▶ _ACTIVITY_
Copy out all lines bearing the word "system" from the listing below.
______
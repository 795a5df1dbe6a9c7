-- ===== src/Resource.antt =====
-- resource/resource.go and resource/key.go: what the schedulers see of a resource.
pub mod Results
pub mod Reason
pub mod Skips
pub mod Validating
pub mod Numbers
pub mod Statements
pub mod Types
mod Tests
use syver.Prelude.{String, concat, List, Option, none, some, Bool, true}

-- The answers of `ResourceRead`.
pub record Read : Type 0 where
  pub id : String
  pub title : String

-- An implementation of `Resource`: `id_field` is its field `id`, if it has one that is a text,
-- and `read` its `ResourceRead`, if it implements that.
pub record Resource : Type 0 where
  pub type_key : String
  pub type_name : String
  pub id_field : Option String
  pub read : Option Read
  pub depends_on : List String
  pub skip : Bool

abbrev read_id : Option Read → String
read_id (some r) = r.id
read_id none = ""

-- `YAMLKey`
unfoldable pub yaml_key : Resource → String
yaml_key res = elim res.id_field [ some id ↦ id | none ↦ read_id res.read ]

-- `Ref`
unfoldable pub ref_of : Resource → String
ref_of res = concat res.type_key (concat ":" (yaml_key res))

-- `SetSkip`
unfoldable pub set_skip : Resource → Resource
set_skip res = record res { skip = true }
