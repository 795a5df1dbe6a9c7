-- ===== src/Value.antt =====
-- The dynamic values of a spec and of the system: what Go's `any` holds after decoding YAML or JSON,
-- and what the checks of the system answer with.
use syver.Prelude.{ℕ, String, Bool, false, true, List}

-- An `int`: `negsuc n` is -(n + 1).
pub data ℤ : Type 0 where
  pos : ℕ → ℤ
  negsuc : ℕ → ℤ

-- A `float64` is its bit pattern; `strings` is a `[]string`, `list` a `[]any`, `table` a
-- `map[string]any`.
mutual
  pub data Value : Type 0 where
    nil : Value
    bool : Bool → Value
    int : ℤ → Value
    float : ℕ → Value
    str : String → Value
    strings : List String → Value
    list : Values → Value
    table : Entries → Value

  pub data Values : Type 0 where
    none_left : Values
    item : Value → Values → Values

  pub data Entries : Type 0 where
    end : Entries
    entry : String → Value → Entries → Entries

-- `v == false` for an interface value.
abbrev pub is_false : Value → Bool
is_false (bool false) = true
is_false _ = false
______
▶ _OUTPUT FOR THIS EXERCISE_
-- The dynamic values of a spec and of the system: what Go's `any` holds after decoding YAML or JSON,
-- and what the checks of the system answer with.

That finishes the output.